**What is needed**
Below are some entries; can you quote all of them exactly?

**The input**
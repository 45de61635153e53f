-- ===== src/CoreTraffic/Rows.antt =====
-- internal/state/sqlite/core_traffic.go: the tables of the core's traffic, with `CoreTrafficEvent` of
-- internal/state/state.go.
use passwall_node.Prelude.{
  ℕ, Bool, ◌&&◌, Option, none, some, List, [], ◌∷◌, String, if◌then◌else◌, str_eq, checked_add,
  plain, Result, ok, err, ◌>>=◌, ℤ,
}

-- `CoreTrafficEvent`
pub record CoreTrafficEvent : Type 0 where
  pub connection_id : String
  pub client_key : String
  pub listener_key : String
  pub source_ip : String
  pub absolute : Bool
  pub up_bytes : ℤ
  pub down_bytes : ℤ
  pub closed : Bool
  pub closed_at_ms : ℤ

-- A row of `core_connection_traffic`; the table is in the order of `rowid`.
pub record Connection : Type 0 where
  pub process_identity : String
  pub connection_id : String
  pub client_key : String
  pub listener_key : String
  pub source_ip : String
  pub up_bytes : ℕ
  pub down_bytes : ℕ
  pub closed : Bool
  pub closed_at_ms : ℕ

-- A row of `core_client_traffic` or `core_listener_traffic`; `key` is the column `client_key` or
-- `listener_key`, and with `process_identity` it is the primary key.
pub record Total : Type 0 where
  pub process_identity : String
  pub key : String
  pub up_bytes : ℕ
  pub down_bytes : ℕ

-- The row of `core_traffic_stream`
pub record Stream : Type 0 where
  pub process_identity : String
  pub ready : Bool

pub record Traffic : Type 0 where
  pub stream : Option Stream
  pub connections : List Connection
  pub clients : List Total
  pub listeners : List Total

-- `SELECT … WHERE process_identity = ? AND connection_id = ?`
unfoldable pub find_connection : String → String → List Connection → Option Connection
find_connection identity id [] = none
find_connection identity id (c ∷ cs) =
    if str_eq c.process_identity identity && str_eq c.connection_id id
    then some c
    else find_connection identity id cs

-- `INSERT … ON CONFLICT(process_identity, connection_id) DO UPDATE SET` the counters and the close
unfoldable pub write_connection : Connection → List Connection → List Connection
write_connection new [] = new ∷ []
write_connection new (c ∷ cs) =
    let rest = write_connection new cs in
    if str_eq c.process_identity new.process_identity && str_eq c.connection_id new.connection_id
    then record c {
      up_bytes = new.up_bytes;
      down_bytes = new.down_bytes;
      closed = new.closed;
      closed_at_ms = new.closed_at_ms;
    }
      ∷ cs
    else c ∷ rest

-- `SELECT up_bytes, down_bytes FROM … WHERE process_identity = ? AND key = ?`
unfoldable pub find_total : String → String → List Total → Option Total
find_total identity key [] = none
find_total identity key (t ∷ ts) =
    if str_eq t.process_identity identity && str_eq t.key key
    then some t
    else find_total identity key ts

-- `INSERT … ON CONFLICT(process_identity, key) DO UPDATE SET up_bytes = …, down_bytes = …`
unfoldable pub write_total : Total → List Total → List Total
write_total new [] = new ∷ []
write_total new (t ∷ ts) =
    let rest = write_total new ts in
    if str_eq t.process_identity new.process_identity && str_eq t.key new.key
    then new ∷ ts
    else t ∷ rest

-- The counters of a row that may be missing.
abbrev pub up_of : Option Total → ℕ
up_of none = 0
up_of (some t) = t.up_bytes

abbrev pub down_of : Option Total → ℕ
down_of none = 0
down_of (some t) = t.down_bytes

-- `addNonNegative`, of values that are not negative
unfoldable pub add_non_negative : ℕ → ℕ → Result ℕ
unfolding checked_add
add_non_negative a b = elim (checked_add a b) [ none ↦ err plain | some s ↦ ok s ]

-- `incrementCoreAggregate`
unfoldable pub increment_core_aggregate : String → String → ℕ → ℕ → List Total → Result (List Total)
increment_core_aggregate identity key up down rows = do
  new_up ← add_non_negative (up_of (find_total identity key rows)) up
  new_down ← add_non_negative (down_of (find_total identity key rows)) down
  ok (
      write_total
        (record {
          process_identity = identity;
          key = key;
          up_bytes = new_up;
          down_bytes = new_down;
        })
        rows)
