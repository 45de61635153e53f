-- ===== src/CoreTraffic/Ledger.antt =====
-- core_traffic.go: `applyCoreTrafficEvent`, of an event that `validateCoreTrafficEvent` has accepted.
use passwall_node.Prelude.{
  ℕ, ◌-◌, Bool, true, false, not, ◌&&◌, ◌||◌, none, some, String, if◌then◌else◌, str_eq, is_empty,
  ltb, ◌==◌, to_ℕ, plain, Result, ok, err, ◌>>=◌, ◌>>◌, refuse,
}
use passwall_node.CoreTraffic.Rows.{
  CoreTrafficEvent, Connection, Traffic, find_connection, write_connection, add_non_negative,
  increment_core_aggregate,
}

-- `x != "" && x != stored`
abbrev pub changes : String → String → Bool
changes x stored = not (is_empty x) && not (str_eq x stored)

-- The row of a connection that the ledger does not hold.
abbrev pub opened : String → CoreTrafficEvent → Connection
opened identity e = record {
  process_identity = identity;
  connection_id = e.connection_id;
  client_key = e.client_key;
  listener_key = e.listener_key;
  source_ip = e.source_ip;
  up_bytes = to_ℕ e.up_bytes;
  down_bytes = to_ℕ e.down_bytes;
  closed = e.closed;
  closed_at_ms = to_ℕ e.closed_at_ms;
}

-- The new value of a counter of a connection that the ledger holds.
unfoldable pub next_counter : Bool → ℕ → ℕ → Result ℕ
next_counter true stored given = if ltb given stored then err plain else ok given
next_counter false stored given = add_non_negative stored given

-- The row of a connection that the ledger holds, as the event leaves it.
abbrev pub continued : CoreTrafficEvent → ℕ → ℕ → Connection → Connection
continued e up down c = record c {
  up_bytes = up;
  down_bytes = down;
  closed = e.closed || c.closed;
  closed_at_ms =
      if to_ℕ e.closed_at_ms == 0 && c.closed then c.closed_at_ms else to_ℕ e.closed_at_ms;
}

-- The three writes of an event: both totals grow by what the connection has grown by.
unfoldable pub record_growth : String → Connection → ℕ → ℕ → Traffic → Result Traffic
record_growth identity c up down t = do
  clients ← increment_core_aggregate identity c.client_key up down t.clients
  listeners ← increment_core_aggregate identity c.listener_key up down t.listeners
  ok (record t {
    connections = write_connection c t.connections;
    clients = clients;
    listeners = listeners;
  })

abbrev pub metadata_changed : CoreTrafficEvent → Connection → Bool
metadata_changed e c =
    changes e.client_key c.client_key
    || changes e.listener_key c.listener_key
    || changes e.source_ip c.source_ip

abbrev pub reopens : CoreTrafficEvent → Connection → Bool
reopens e c = c.closed && not e.closed

-- The event of a connection that the ledger holds as `c`.
unfoldable pub continue_connection :
    String → CoreTrafficEvent → Connection → Traffic → Result Traffic
continue_connection identity e c t = do
  refuse (metadata_changed e c) plain
  refuse (reopens e c) plain
  up ← next_counter e.absolute c.up_bytes (to_ℕ e.up_bytes)
  down ← next_counter e.absolute c.down_bytes (to_ℕ e.down_bytes)
  record_growth identity (continued e up down c) (up - c.up_bytes) (down - c.down_bytes) t

-- `applyCoreTrafficEvent`
unfoldable pub apply_core_traffic_event : String → CoreTrafficEvent → Traffic → Result Traffic
apply_core_traffic_event identity e t =
    elim (find_connection identity e.connection_id t.connections) [
      | none ↦
          if not e.absolute
          then err plain
          else record_growth identity (opened identity e) (to_ℕ e.up_bytes) (to_ℕ e.down_bytes) t
      | some c ↦ continue_connection identity e c t
    ]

**Solution to the exercise**
repository 45de61635153e53f
-- ===== src/CoreTraffic/Rows.antt =====
-- internal/state/sqlite/core_traffic.go: the tables of the core's traffic, with `CoreTrafficEvent` of
-- internal/state/state.go.
use passwall_node.Prelude.{
  ℕ, Bool, ◌&&◌, Option, none, some, List, [], ◌∷◌, String, if◌then◌else◌, str_eq, checked_add,
  plain, Result, ok, err, ◌>>=◌, ℤ,
}

-- `CoreTrafficEvent`
pub record CoreTrafficEvent : Type 0 where
  pub connection_id : String
  pub client_key : String
  pub listener_key : String
  pub source_ip : String
  pub absolute : Bool
  pub up_bytes : ℤ
  pub down_bytes : ℤ
  pub closed : Bool
  pub closed_at_ms : ℤ

-- A row of `core_connection_traffic`; the table is in the order of `rowid`.
pub record Connection : Type 0 where
  pub process_identity : String
  pub connection_id : String
  pub client_key : String
  pub listener_key : String
  pub source_ip : String
  pub up_bytes : ℕ
  pub down_bytes : ℕ
  pub closed : Bool
  pub closed_at_ms : ℕ

-- A row of `core_client_traffic` or `core_listener_traffic`; `key` is the column `client_key` or
-- `listener_key`, and with `process_identity` it is the primary key.
pub record Total : Type 0 where
  pub process_identity : String
  pub key : String
  pub up_bytes : ℕ
  pub down_bytes : ℕ

-- The row of `core_traffic_stream`
pub record Stream : Type 0 where
  pub process_identity : String
  pub ready : Bool

pub record Traffic : Type 0 where
  pub stream : Option Stream
  pub connections : List Connection
  pub clients : List Total
  pub listeners : List Total

-- `SELECT … WHERE process_identity = ? AND connection_id = ?`
unfoldable pub find_connection : String → String → List Connection → Option Connection
find_connection identity id [] = none
find_connection identity id (c ∷ cs) =
    if str_eq c.process_identity identity && str_eq c.connection_id id
    then some c
    else find_connection identity id cs

-- `INSERT … ON CONFLICT(process_identity, connection_id) DO UPDATE SET` the counters and the close
unfoldable pub write_connection : Connection → List Connection → List Connection
write_connection new [] = new ∷ []
write_connection new (c ∷ cs) =
    let rest = write_connection new cs in
    if str_eq c.process_identity new.process_identity && str_eq c.connection_id new.connection_id
    then record c {
      up_bytes = new.up_bytes;
      down_bytes = new.down_bytes;
      closed = new.closed;
      closed_at_ms = new.closed_at_ms;
    }
      ∷ cs
    else c ∷ rest

-- `SELECT up_bytes, down_bytes FROM … WHERE process_identity = ? AND key = ?`
unfoldable pub find_total : String → String → List Total → Option Total
find_total identity key [] = none
find_total identity key (t ∷ ts) =
    if str_eq t.process_identity identity && str_eq t.key key
    then some t
    else find_total identity key ts

-- `INSERT … ON CONFLICT(process_identity, key) DO UPDATE SET up_bytes = …, down_bytes = …`
unfoldable pub write_total : Total → List Total → List Total
write_total new [] = new ∷ []
write_total new (t ∷ ts) =
    let rest = write_total new ts in
    if str_eq t.process_identity new.process_identity && str_eq t.key new.key
    then new ∷ ts
    else t ∷ rest

-- The counters of a row that may be missing.
abbrev pub up_of : Option Total → ℕ
up_of none = 0
up_of (some t) = t.up_bytes

abbrev pub down_of : Option Total → ℕ
down_of none = 0
down_of (some t) = t.down_bytes

-- `addNonNegative`, of values that are not negative
unfoldable pub add_non_negative : ℕ → ℕ → Result ℕ
unfolding checked_add
add_non_negative a b = elim (checked_add a b) [ none ↦ err plain | some s ↦ ok s ]

-- `incrementCoreAggregate`
unfoldable pub increment_core_aggregate : String → String → ℕ → ℕ → List Total → Result (List Total)
increment_core_aggregate identity key up down rows = do
  new_up ← add_non_negative (up_of (find_total identity key rows)) up
  new_down ← add_non_negative (down_of (find_total identity key rows)) down
  ok (
      write_total
        (record {
          process_identity = identity;
          key = key;
          up_bytes = new_up;
          down_bytes = new_down;
        })
        rows)
repository 45de61635153e53f
-- ===== src/CoreTraffic/Ledger.antt =====
-- core_traffic.go: `applyCoreTrafficEvent`, of an event that `validateCoreTrafficEvent` has accepted.
use passwall_node.Prelude.{
  ℕ, ◌-◌, Bool, true, false, not, ◌&&◌, ◌||◌, none, some, String, if◌then◌else◌, str_eq, is_empty,
  ltb, ◌==◌, to_ℕ, plain, Result, ok, err, ◌>>=◌, ◌>>◌, refuse,
}
use passwall_node.CoreTraffic.Rows.{
  CoreTrafficEvent, Connection, Traffic, find_connection, write_connection, add_non_negative,
  increment_core_aggregate,
}

-- `x != "" && x != stored`
abbrev pub changes : String → String → Bool
changes x stored = not (is_empty x) && not (str_eq x stored)

-- The row of a connection that the ledger does not hold.
abbrev pub opened : String → CoreTrafficEvent → Connection
opened identity e = record {
  process_identity = identity;
  connection_id = e.connection_id;
  client_key = e.client_key;
  listener_key = e.listener_key;
  source_ip = e.source_ip;
  up_bytes = to_ℕ e.up_bytes;
  down_bytes = to_ℕ e.down_bytes;
  closed = e.closed;
  closed_at_ms = to_ℕ e.closed_at_ms;
}

-- The new value of a counter of a connection that the ledger holds.
unfoldable pub next_counter : Bool → ℕ → ℕ → Result ℕ
next_counter true stored given = if ltb given stored then err plain else ok given
next_counter false stored given = add_non_negative stored given

-- The row of a connection that the ledger holds, as the event leaves it.
abbrev pub continued : CoreTrafficEvent → ℕ → ℕ → Connection → Connection
continued e up down c = record c {
  up_bytes = up;
  down_bytes = down;
  closed = e.closed || c.closed;
  closed_at_ms =
      if to_ℕ e.closed_at_ms == 0 && c.closed then c.closed_at_ms else to_ℕ e.closed_at_ms;
}

-- The three writes of an event: both totals grow by what the connection has grown by.
unfoldable pub record_growth : String → Connection → ℕ → ℕ → Traffic → Result Traffic
record_growth identity c up down t = do
  clients ← increment_core_aggregate identity c.client_key up down t.clients
  listeners ← increment_core_aggregate identity c.listener_key up down t.listeners
  ok (record t {
    connections = write_connection c t.connections;
    clients = clients;
    listeners = listeners;
  })

abbrev pub metadata_changed : CoreTrafficEvent → Connection → Bool
metadata_changed e c =
    changes e.client_key c.client_key
    || changes e.listener_key c.listener_key
    || changes e.source_ip c.source_ip

abbrev pub reopens : CoreTrafficEvent → Connection → Bool
reopens e c = c.closed && not e.closed

-- The event of a connection that the ledger holds as `c`.
unfoldable pub continue_connection :
    String → CoreTrafficEvent → Connection → Traffic → Result Traffic
continue_connection identity e c t = do
  refuse (metadata_changed e c) plain
  refuse (reopens e c) plain
  up ← next_counter e.absolute c.up_bytes (to_ℕ e.up_bytes)
  down ← next_counter e.absolute c.down_bytes (to_ℕ e.down_bytes)
  record_growth identity (continued e up down c) (up - c.up_bytes) (down - c.down_bytes) t

-- `applyCoreTrafficEvent`
unfoldable pub apply_core_traffic_event : String → CoreTrafficEvent → Traffic → Result Traffic
apply_core_traffic_event identity e t =
    elim (find_connection identity e.connection_id t.connections) [
      | none ↦
          if not e.absolute
          then err plain
          else record_growth identity (opened identity e) (to_ℕ e.up_bytes) (to_ℕ e.down_bytes) t
      | some c ↦ continue_connection identity e c t
    ]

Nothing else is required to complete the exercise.